A blandire la curiosità ruotante attorno alla sua sfuggente figura ci pensa lei stessa:
“A mia scusante, però, ti dico solo questo: nei giochi per i giornali si finisce sempre per mentire e alla radice della menzogna c’è la necessità di offrirsi al pubblico nella forma migliore, con pensieri adeguati al ruolo, col fard che ci immaginiamo sia adatto”. (La frantumaglia, 2003, p. 91).
Un prendere o lasciare che ci fa, libro dopo libro, sempre più propendere per il primo, a piene mani. Come tutti i bibliofili sapranno, Elena Ferrante è soltanto il nom de plume della scrittrice, di cui non è dato conoscere né il volto, né i dettagli di vita. Centellinando di sé solo qualche vago accenno in interviste, rare, e lettere, ha rivelato di essere nata a Napoli e di aver vissuto a lungo all’estero. Fantastica e calzante la definizione che del suo scrivere ne dà Angelo Guglielmi, giornalista dell’Unità: “La Ferrante non raccoglie fiori dai campi per aggiustarli in mazzetti profumati, ma tira su il secchio dal pozzo” (16 dicembre 2003, pubblicato nell'edizione Nazionale (pagina 24), nella sezione "Cultura").
L’autrice, alle illazioni sul suo conto preferisce far parlare i suoi libri; in una lettera che inviò all’editore del primo romanzo spiega:
“Una volta scritti [i libri, ndr], non hanno bisogno dei loro autori […] Io amo molto i volumi misteriosi, antichi e moderni, che non hanno un autore preciso, ma che hanno avuto e continuano ad avere un’intensa vita propria”.

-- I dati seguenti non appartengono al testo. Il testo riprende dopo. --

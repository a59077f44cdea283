-- ===== src/Queue/Deletion.antt =====
-- `Remove`, `Skip` and `Clear` of internal/queue/store.go: what is left, in which order.
use raspi_media_player.Base.{
  ℕ, Bool, true, false, not, ◌≡◌, ◌≢◌, refl, sym, ap, ◌∙◌, List, [], ◌∷◌, All, All-imp, All-keep,
  keep, count, Bool-cases, inl, inr, ltb_ℤ, ◌==◌, arith,
}
use raspi_media_player.Queue.Rows.{Row, ok, err, not_found}
use raspi_media_player.Queue.Table.{order_by_position, insert_row}
use raspi_media_player.Queue.Store.{delete_and_compact}
use raspi_media_player.Queue.Updates.{PositionsDistinct}
use raspi_media_player.Queue.Sorting.{
  IsAscending, ltb_ℤ_asym, ltb_ℤ_total, ltb_ℤ_trans, order_by_position-IsAscending,
  All-order_by_position,
}
use raspi_media_player.Queue.Numbering.{restamp, renumbered, order_by_position-renumbered}
use raspi_media_player.Queue.Wellformed.{
  IsTable, IsTable-IsSparse, keep-IsSparse, renumbered-IsTable, compact-IsSparse,
}

insert_row-first :
    (r : Row) (rows : List Row)
    → All (λ s. ltb_ℤ s.position r.position ≡ false) rows
    → insert_row r rows ≡ r ∷ rows
unfolding insert_row
insert_row-first r [] h = refl
insert_row-first r (s ∷ rows) h = rw h.0 refl

module _ (p : Row → Bool) where
  insert_row-keep_in :
      (r : Row) (rows : List Row)
      → p r ≡ true
      → All (λ s. s.position ≢ r.position) rows
      → IsAscending rows
      → keep p (insert_row r rows) ≡ insert_row r (keep p rows)
  unfolding insert_row
  insert_row-keep_in r [] h n a = rw h refl
  insert_row-keep_in r (s ∷ rows) h n a = elim (Bool-cases (ltb_ℤ s.position r.position)) [
    | inl e ↦ elim (Bool-cases (p s)) [
      | inl k ↦ rw (e, k, insert_row-keep_in r rows h n.1 a.1, e) refl
      | inr k ↦ rw (e, k, insert_row-keep_in r rows h n.1 a.1) refl
    ]
    | inr e ↦
        let first = ltb_ℤ_total s.position r.position n.0 e in
        let later =
          All-imp rows
            (λ t b.
              ltb_ℤ_asym r.position t.position
                (ltb_ℤ_trans r.position s.position t.position first b))
            a.0 in
        rw (e, h)
          (sym (
            insert_row-first r (keep p (s ∷ rows))
              (All-keep (λ t. ltb_ℤ t.position r.position ≡ false) p (s ∷ rows) (e, later))))
  ]

  insert_row-keep_out :
      (r : Row) (rows : List Row) → p r ≡ false → keep p (insert_row r rows) ≡ keep p rows
  unfolding insert_row
  insert_row-keep_out r [] h = rw h refl
  insert_row-keep_out r (s ∷ rows) h = elim (Bool-cases (ltb_ℤ s.position r.position)) [
    | inl e ↦ rw (e, insert_row-keep_out r rows h) refl
    | inr e ↦ rw (e, h) refl
  ]

  -- The sort commutes with a deletion.
  pub order_by_position-keep :
      (rows : List Row)
      → PositionsDistinct rows
      → order_by_position (keep p rows) ≡ keep p (order_by_position rows)
  unfolding order_by_position
  order_by_position-keep [] d = refl
  order_by_position-keep (r ∷ rows) d = elim (Bool-cases (p r)) [
    | inl e ↦
        rw (e, order_by_position, order_by_position-keep rows d.1)
          (sym (
            insert_row-keep_in r (order_by_position rows) e
              (All-order_by_position (λ s. s.position ≢ r.position) rows d.0)
              (order_by_position-IsAscending rows d.1)))
    | inr e ↦
        rw (e, order_by_position-keep rows d.1)
          (sym (insert_row-keep_out r (order_by_position rows) e))
  ]

-- After a deletion of some row of a table: no error, the rows of before without the deleted ones, in their
-- order, numbered from 0; a table again.
pub delete_and_compact-ok :
    (test : Row → Bool) (rows : List Row)
    → IsTable rows
    → count test rows ≢ 0
    → (rows' : List Row) × (delete_and_compact test rows ≡ ok rows')
      × (order_by_position rows' ≡ restamp 0 (keep (λ r. not (test r)) (order_by_position rows)))
      × IsTable rows'
unfolding delete_and_compact
delete_and_compact-ok test rows t some_row =
    let left = keep (λ r. not (test r)) rows in
    let sparse = keep-IsSparse (λ r. not (test r)) (IsTable-IsSparse t) in
    (
      renumbered left,
      rw (count_ne (count test rows) some_row, compact-IsSparse sparse) refl,
      order_by_position-renumbered left sparse.ids_differ sparse.positions_differ
          ∙ ap (restamp 0) (
              order_by_position-keep (λ r. not (test r)) rows
                (IsTable-IsSparse t).positions_differ),
      renumbered-IsTable sparse,
    )
  where
    count_ne : (n : ℕ) → n ≢ 0 → (n == 0) ≡ false
    count_ne n h = ground arith

-- A deletion that finds no row is an error, and the rollback leaves the table.
pub delete_and_compact-missing :
    (test : Row → Bool) (rows : List Row)
    → count test rows ≡ 0
    → delete_and_compact test rows ≡ err not_found
unfolding delete_and_compact
delete_and_compact-missing test rows h = rw h refl
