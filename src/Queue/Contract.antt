-- ===== src/Queue/Contract.antt =====
-- The methods of internal/queue/store.go that clients call with a revision: what they return and
-- what the queue is afterwards, on every branch.
use raspi_media_player.Base.{
  ℕ, suc, pos, String, Bool, true, false, not, ◌≡◌, ◌≢◌, ◌+◌, refl, sym, ap, subst, ◌∙◌, List, [],
  ◌∷◌, All, All-imp, All-zip, count, keep, Distinct, Bool-cases, inl, inr, same, same_ne, eq_iff,
  ◌==◌, arith,
}
use raspi_media_player.Queue.Rows.{Row, Db, Snapshot, Result, ok, err, not_found, conflict}
use raspi_media_player.Queue.Table.{
  order_by_position, ids, has_id, is_seen, has_repeat, reorder_rows,
}
use raspi_media_player.Queue.Store.{
  snapshot, bump, mutate, delete_and_compact, remove, skip, is_first, reorder,
}
use raspi_media_player.Queue.Numbering.{restamp}
use raspi_media_player.Queue.Wellformed.{IsTable, IsTable-IsSparse}
use raspi_media_player.Queue.Sizes.{count-order_by_position}
use raspi_media_player.Queue.Deletion.{delete_and_compact-ok}
use raspi_media_player.Queue.Permuting.{IsPermutation, reorder_rows-ok, reorder_rows-refused}

-- The database after a successful change of the rows.
abbrev pub changed : Db → List Row → Db
changed db rows = bump (record db { items = rows })

-- The call succeeds: the rows are sorted as the list says, form a table, and the revision is one
-- higher; the snapshot is that of the new database.
abbrev pub Succeeds : Db → Result (Db × Snapshot) → List Row → Type 0
Succeeds db result sorted =
    (rows : List Row) × (result ≡ ok (changed db rows, snapshot (changed db rows)))
    × (order_by_position rows ≡ sorted)
    × IsTable rows

equal_test : (n : ℕ) → (n == n) ≡ true
equal_test n = ground arith

mutate-ok :
    (operation : List Row → Result (List Row)) (db : Db) (rows : List Row)
    → operation db.items ≡ ok rows
    → mutate db.state.revision operation db ≡ ok (changed db rows, snapshot (changed db rows))
unfolding mutate
mutate-ok operation db rows h = rw (equal_test db.state.revision, h) refl

-- A stale revision is refused whatever the operation, and nothing is written.
pub mutate-conflict :
    (expected : ℕ) (operation : List Row → Result (List Row)) (db : Db)
    → expected ≢ db.state.revision
    → mutate expected operation db ≡ err conflict
unfolding mutate
mutate-conflict expected operation db h = rw (other db.state.revision expected h) refl
  where
    other : (a b : ℕ) → b ≢ a → (a == b) ≡ false
    other a b h = ground arith

mutate-revision :
    (expected : ℕ) (operation : List Row → Result (List Row)) (db db' : Db) (s : Snapshot)
    → mutate expected operation db ≡ ok (db', s)
    → db'.state.revision ≡ expected + 1
unfolding mutate
mutate-revision expected operation db db' s h = ground arith

-- The loop over `seen` finds a repetition exactly where the ids are not all different.
not_seen :
    (seen order : List String)
    → has_repeat seen order ≡ false
    → All (λ x. is_seen x seen ≡ false) order × Distinct order
unfolding has_repeat
not_seen seen [] h = (tt, tt)
not_seen seen (x ∷ order) h =
    let rest = not_seen (x ∷ seen) order (ground arith) in
    (
      (ground arith, All-imp order (λ y k. (not_first x y seen k).1) rest.0),
      (
        All-imp order (λ y k p. cc ((not_first x y seen k).0, (eq_iff x y).1 (sym p))) rest.0,
        rest.1,
      ),
    )
  where
    not_first :
        (x y : String) (seen : List String)
        → is_seen y (x ∷ seen) ≡ false
        → (same x y ≡ false) × (is_seen y seen ≡ false)
    not_first x y seen k = ground arith

pub has_repeat-Distinct : (order : List String) → has_repeat [] order ≡ false → Distinct order
has_repeat-Distinct order h = (not_seen [] order h).1

no_repeat :
    (seen order : List String)
    → All (λ x. is_seen x seen ≡ false) order
    → Distinct order
    → has_repeat seen order ≡ false
unfolding has_repeat
no_repeat seen [] h d = refl
no_repeat seen (x ∷ order) h d = rw h.0 (
    no_repeat (x ∷ seen) order
      (All-zip order (λ y k n. rw (same_ne x y (λ p. n (sym p))) k) h.1 d.0) d.1)

Distinct-has_repeat : (order : List String) → Distinct order → has_repeat [] order ≡ false
Distinct-has_repeat order d = no_repeat [] order (none_seen order) d
  where
    none_seen : (order : List String) → All (λ x. is_seen x [] ≡ false) order
    none_seen [] = tt
    none_seen (x ∷ order) = (refl, none_seen order)

-- After a change at a revision has taken effect, the revision is one higher, and every other change
-- that carries the same revision is a conflict.
pub mutate_once :
    (expected : ℕ) (first second : List Row → Result (List Row)) (db db' : Db) (s : Snapshot)
    → mutate expected first db ≡ ok (db', s)
    → (db'.state.revision ≡ expected + 1) × (mutate expected second db' ≡ err conflict)
mutate_once expected first second db db' s h =
    let raised = mutate-revision expected first db db' s h in
    (raised, mutate-conflict expected second db' (omega arith))

skip_rest :
    (i : ℕ) (rows : List Row)
    → keep (λ r. not (is_first r)) (restamp (suc i) rows) ≡ restamp (suc i) rows
skip_rest i [] = refl
skip_rest i (r ∷ rows) =
    rw (not_zero i) (ap (◌∷◌ (record r { position = pos (suc i) })) (skip_rest (suc i) rows))
  where
    not_zero : (i : ℕ) → (suc i == 0) ≡ false
    not_zero i = ground arith

tail : List Row → List Row
tail [] = []
tail (r ∷ rows) = rows

pub skip_first :
    (sorted : List Row) (r : Row) (rest : List Row)
    → sorted ≡ restamp 0 sorted
    → sorted ≡ r ∷ rest
    → keep (λ r. not (is_first r)) sorted ≡ rest
unfolding tail
skip_first sorted r rest numbered e =
    let own : r ∷ rest ≡ restamp 0 (r ∷ rest) = subst (λ l. l ≡ restamp 0 l) e numbered in
    rw (numbered ∙ ap (restamp 0) e) (skip_rest 0 rest ∙ sym (ap tail own))

first_counted :
    (sorted : List Row) (r : Row) (rest : List Row)
    → sorted ≡ restamp 0 sorted
    → sorted ≡ r ∷ rest
    → count is_first sorted ≢ 0
first_counted sorted r rest numbered e = rw (numbered ∙ ap (restamp 0) e) (λ h. omega arith)

module _ (db : Db) (t : IsTable db.items) where
  delete-Succeeds :
      (test : Row → Bool)
      → count test db.items ≢ 0
      → Succeeds db
          (mutate db.state.revision (delete_and_compact test) db)
          (restamp 0 (keep (λ r. not (test r)) (order_by_position db.items)))
  delete-Succeeds test h =
      let (rows, done, sorted, table) = delete_and_compact-ok test db.items t h in
      (rows, mutate-ok (delete_and_compact test) db rows done, sorted, table)

  -- In a table, `Remove` at the current revision of an id in the queue takes out its row alone; the
  -- others keep their order and are numbered from 0, and the revision is one higher.
  pub remove-Succeeds :
      (id : String)
      → count (has_id id) db.items ≢ 0
      → Succeeds db
          (remove id db.state.revision db)
          (restamp 0 (keep (λ r. not (has_id id r)) (order_by_position db.items)))
  unfolding remove
  remove-Succeeds id h = delete-Succeeds (has_id id) h

  -- In a table, `Skip` at the current revision takes out the first row of a queue that is not empty,
  -- whatever the status of the row is; the others keep their order and are numbered from 0.
  pub skip-Succeeds :
      (r : Row) (rest : List Row)
      → order_by_position db.items ≡ r ∷ rest
      → Succeeds db (skip db.state.revision db) (restamp 0 rest)
  unfolding skip
  skip-Succeeds r rest e =
      let sorted = order_by_position db.items in
      let some_first : count is_first db.items ≢ 0 =
        subst (λ n. n ≢ 0) (count-order_by_position is_first db.items)
          (first_counted sorted r rest t.numbered e) in
      let (rows, done, order, table) = delete-Succeeds is_first some_first in
      (rows, done, order ∙ ap (restamp 0) (skip_first sorted r rest t.numbered e), table)

  -- In a table, `Reorder` at the current revision by a permutation of the ids succeeds, gives the queue
  -- that order, leaves a table, and raises the revision by one.
  pub reorder-Succeeds :
      (order : List String)
      → IsPermutation order db.items
      → (rows : List Row) × (reorder order db.state.revision db
          ≡ ok (changed db rows, snapshot (changed db rows)))
        × (ids (order_by_position rows) ≡ order)
        × IsTable rows
  unfolding reorder
  reorder-Succeeds order p =
      let (rows, done, sorted, table, form) = reorder_rows-ok (IsTable-IsSparse t) p in
      (
        rows,
        rw (Distinct-has_repeat order p.different) (mutate-ok (reorder_rows order) db rows done),
        sorted,
        table,
      )

  -- `Reorder` at the current revision by a list that is no permutation of the ids of a table finds
  -- nothing.
  pub reorder-refused :
      (order : List String)
      → ¬ IsPermutation order db.items
      → reorder order db.state.revision db ≡ err not_found
  unfolding reorder mutate
  reorder-refused order h = elim (Bool-cases (has_repeat [] order)) [
    | inl repeats ↦ rw repeats refl
    | inr single ↦
        rw
          (
            single,
            equal_test db.state.revision,
            reorder_rows-refused order db.items (IsTable-IsSparse t)
                (has_repeat-Distinct order single) h,
          )
          refl
  ]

Un’affermazione veritiera, tuttavia la sua resta una scrittura così intensamente femminile, nelle pieghe, negli anfratti emotivi, nei recessi della coscienza, nell’affronto e riscatto dal dolore, nel difficile rapporto madre-figlia ed in copiosi altri dettagli, così come negli innegabili e profondi spunti personali e nelle sfumature sulla maternità, che sarebbe un colpo basso assestato al nostro orgoglio femminile venire in futuro a scoprire si sia trattato di maschia mano. Difficile scrivere di lei perché, come spesso accade con certi scrittori di cui poco o nulla si conosce, tutto prende corpo dalla sua intensissima penna, scrittura che scorre come rapido fiume ora descrittivo ora introspettivo, supera lo stomaco dopo avergli assestato bei colpi mirati e poi s’arresta in nevralgici punti, ora in pancia ora in cuore, in cui la sonda si fa cupa come il pensiero, scava la memoria cardiaca e porta trionfante in superficie qualcosa che avremmo voluto restasse impolverato. Scopriamo poi, a libro chiuso, che sono le nostre viscere a parlare di riflesso, i nostri organi più interni.

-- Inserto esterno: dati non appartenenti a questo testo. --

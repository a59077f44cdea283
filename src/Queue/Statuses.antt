-- ===== src/Queue/Statuses.antt =====
-- The statements of internal/queue/store.go that write no position: a table stays one, and at most
-- one row is current.
use raspi_media_player.Base.{
  ℕ, suc, ℤ, pos, String, Bool, false, ◌≡◌, ◌≢◌, ◌≤◌, refl, sym, ap, subst, ◌∙◌, List, [], ◌∷◌, map,
  All, Pairwise, count, Distinct, Bool-cases, inl, inr, if◌then◌else◌, arith,
}
use raspi_media_player.Queue.Rows.{Row, ItemStatus, queued, current}
use raspi_media_player.Queue.Table.{order_by_position}
use raspi_media_player.Queue.Playing.{is_current, update_where, status_row}
use raspi_media_player.Queue.Sorting.{KeepsOrder, order_by_position-map}
use raspi_media_player.Queue.Numbering.{restamp}
use raspi_media_player.Queue.Wellformed.{IsTable}

-- The change leaves the columns with constraints alone.
pub record KeepsKeys (f : Row → Row) : Type 0 where
  pub keeps_id : (r : Row) → (f r).id ≡ r.id
  pub keeps_url : (r : Row) → (f r).source_url ≡ r.source_url
  pub keeps_position : (r : Row) → (f r).position ≡ r.position

positions : List Row → List ℤ
positions = map (λ r. r.position)

restamp-of_positions :
    (i : ℕ) (rows : List Row)
    → map (λ r. r.position) rows ≡ map (λ r. r.position) (restamp i rows)
    → rows ≡ restamp i rows
restamp-of_positions i [] h = refl
restamp-of_positions i (r ∷ rows) h =
    let own : r.position ≡ pos i = cc in
    let rest = restamp-of_positions (suc i) rows (cc) in λ k. record r { position = own k } ∷ rest k

positions-restamp-map :
    (f : Row → Row) (i : ℕ) (rows : List Row)
    → map (λ r. r.position) (restamp i (map f rows)) ≡ map (λ r. r.position) (restamp i rows)
positions-restamp-map f i [] = refl
positions-restamp-map f i (r ∷ rows) = ap (◌∷◌ (pos i)) (positions-restamp-map f (suc i) rows)

module _ (f : Row → Row) (keeps : KeepsKeys f) where
  pub map-column {ℓ} :
      {A : Type ℓ} (g : Row → A)
      → ((r : Row) → g (f r) ≡ g r)
      → (rows : List Row) → map g (map f rows) ≡ map g rows
  map-column g h [] = refl
  map-column g h (r ∷ rows) = λ k. h r k ∷ map-column g h rows k

  all_keep_order : (rows : List Row) → Pairwise (KeepsOrder f) rows
  all_keep_order [] = tt
  all_keep_order (r ∷ rows) = (each r rows, all_keep_order rows)
    where
      each : (r : Row) (rows : List Row) → All (KeepsOrder f r) rows
      each r [] = tt
      each r (s ∷ rows) =
          (rw (keeps.keeps_position r, keeps.keeps_position s) (refl, refl), each r rows)

  pub order_by_position-update :
      (rows : List Row) → order_by_position (map f rows) ≡ map f (order_by_position rows)
  order_by_position-update rows = order_by_position-map f rows (all_keep_order rows)

  -- Such a change of the rows leaves a table.
  pub map-IsTable : {rows : List Row} → IsTable rows → IsTable (map f rows)
  map-IsTable {rows} t =
      let sorted = order_by_position rows in
      let same_positions =
        map-column (λ r. r.position) keeps.keeps_position sorted
        ∙ ap (map (λ r. r.position)) t.numbered
        ∙ sym (positions-restamp-map f 0 sorted) in
      record {
        ids_differ = subst Distinct (sym (map-column (λ r. r.id) keeps.keeps_id rows)) t.ids_differ;
        urls_differ =
            subst Distinct (sym (map-column (λ r. r.source_url) keeps.keeps_url rows))
              t.urls_differ;
        numbered =
            let update = order_by_position-update rows in
            update
            ∙ restamp-of_positions 0 (map f sorted) same_positions
            ∙ ap (restamp 0) (sym update);
      }

module _ (test : Row → Bool) (f : Row → Row) (keeps : KeepsKeys f) where
  pub update_where-KeepsKeys : KeepsKeys (λ r. if test r then f r else r)
  update_where-KeepsKeys = record {
    keeps_id =
        λ r. elim (Bool-cases (test r)) [ inl e ↦ rw e (keeps.keeps_id r) | inr e ↦ rw e refl ];
    keeps_url =
        λ r. elim (Bool-cases (test r)) [ inl e ↦ rw e (keeps.keeps_url r) | inr e ↦ rw e refl ];
    keeps_position = λ r. elim (Bool-cases (test r)) [
      | inl e ↦ rw e (keeps.keeps_position r)
      | inr e ↦ rw e refl
    ];
  }

  pub update_where-IsTable : {rows : List Row} → IsTable rows → IsTable (update_where test f rows)
  update_where-IsTable t = map-IsTable (λ r. if test r then f r else r) update_where-KeepsKeys t

pub status_row-KeepsKeys :
    (status : ItemStatus) (error : String) → KeepsKeys (status_row status error)
status_row-KeepsKeys status error = record {
  keeps_id = λ r. refl;
  keeps_url = λ r. refl;
  keeps_position = λ r. refl;
}

-- A change that makes no row current makes none more current.
pub update_where-count_le :
    (test : Row → Bool) (f : Row → Row)
    → ((r : Row) → is_current (f r) ≡ false)
    → (rows : List Row) → count is_current (update_where test f rows) ≤ count is_current rows
update_where-count_le test f h [] = omega arith
update_where-count_le test f h (r ∷ rows) =
    let rest = update_where-count_le test f h rows in
    elim (Bool-cases (test r)) [
      | inl e ↦ rw (e, h r) (ground (arith, rest))
      | inr e ↦ rw e (ground (arith, rest))
    ]

-- `SetCurrent` leaves exactly the rows that its second statement hits.
pub count-after_reset :
    (error : String) (rows : List Row)
    → count is_current (update_where is_current (status_row queued error) rows) ≡ 0
count-after_reset error [] = refl
count-after_reset error (r ∷ rows) =
    let rest = count-after_reset error rows in
    elim (Bool-cases (is_current r)) [ inl e ↦ rw e rest | inr e ↦ rw (e, e) rest ]

pub count-set_current :
    (test : Row → Bool) (error : String) (rows : List Row)
    → count is_current rows ≡ 0
    → count is_current (update_where test (status_row current error) rows) ≡ count test rows
count-set_current test error [] h = refl
count-set_current test error (r ∷ rows) h = elim (Bool-cases (is_current r)) [
  | inl e ↦ absurd (impossible (count is_current rows) (rw e at h))
  | inr e ↦
      let rest = count-set_current test error rows (rw e at h) in
      elim (Bool-cases (test r)) [ inl hit ↦ rw hit (ap suc rest) | inr miss ↦ rw (miss, e) rest ]
]
  where
    impossible : (n : ℕ) → suc n ≢ 0
    impossible n h = omega arith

Nei suoi romanzi, da L’amore molesto, fino a I giorni dell’abbandono, a L’amica geniale, passando per La figlia oscura, si parla solo ed esclusivamente di donne, e sono donne ombrose, solari, misteriose, complicate, indelebili esempi di ricerca feroce sull’identità femminile e sulla madre. Ritratti di donne – gli uomini sono spesso tratteggiati in modo sfumato e marginale - che favoriscono inevitabili riflessi nel lettore, un meccanismo emotivo spesso caro alla femminea sfera: disfarsi, andare in frantumi, farsi appunto “frantumaglia” dopo essere cadute nel gorgo di sé, come madri e come figlie. La stessa Ferrante racconta di questo strano vocabolo ereditato dal dialetto materno, utile a spiegare come la madre si sentisse quando era tirata di qua e di là da impressioni contraddittorie che la laceravano:
"La frantumaglia è un paesaggio instabile, una massa aerea o acquatica di rottami all'infinito che si mostra all'io, brutalmente, come la sua vera e unica interiorità. La frantumaglia è il deposito del tempo senza l'ordine di una storia, di un racconto. La frantumaglia è l'effetto del senso di perdita, quando si ha la certezza che tutto ciò che ci sembra stabile, duraturo, un ancoraggio per la nostra vita, andrà a unirsi presto a quel paesaggio di detriti che ci pare di vedere" (La frantumaglia, 2003, p. 126).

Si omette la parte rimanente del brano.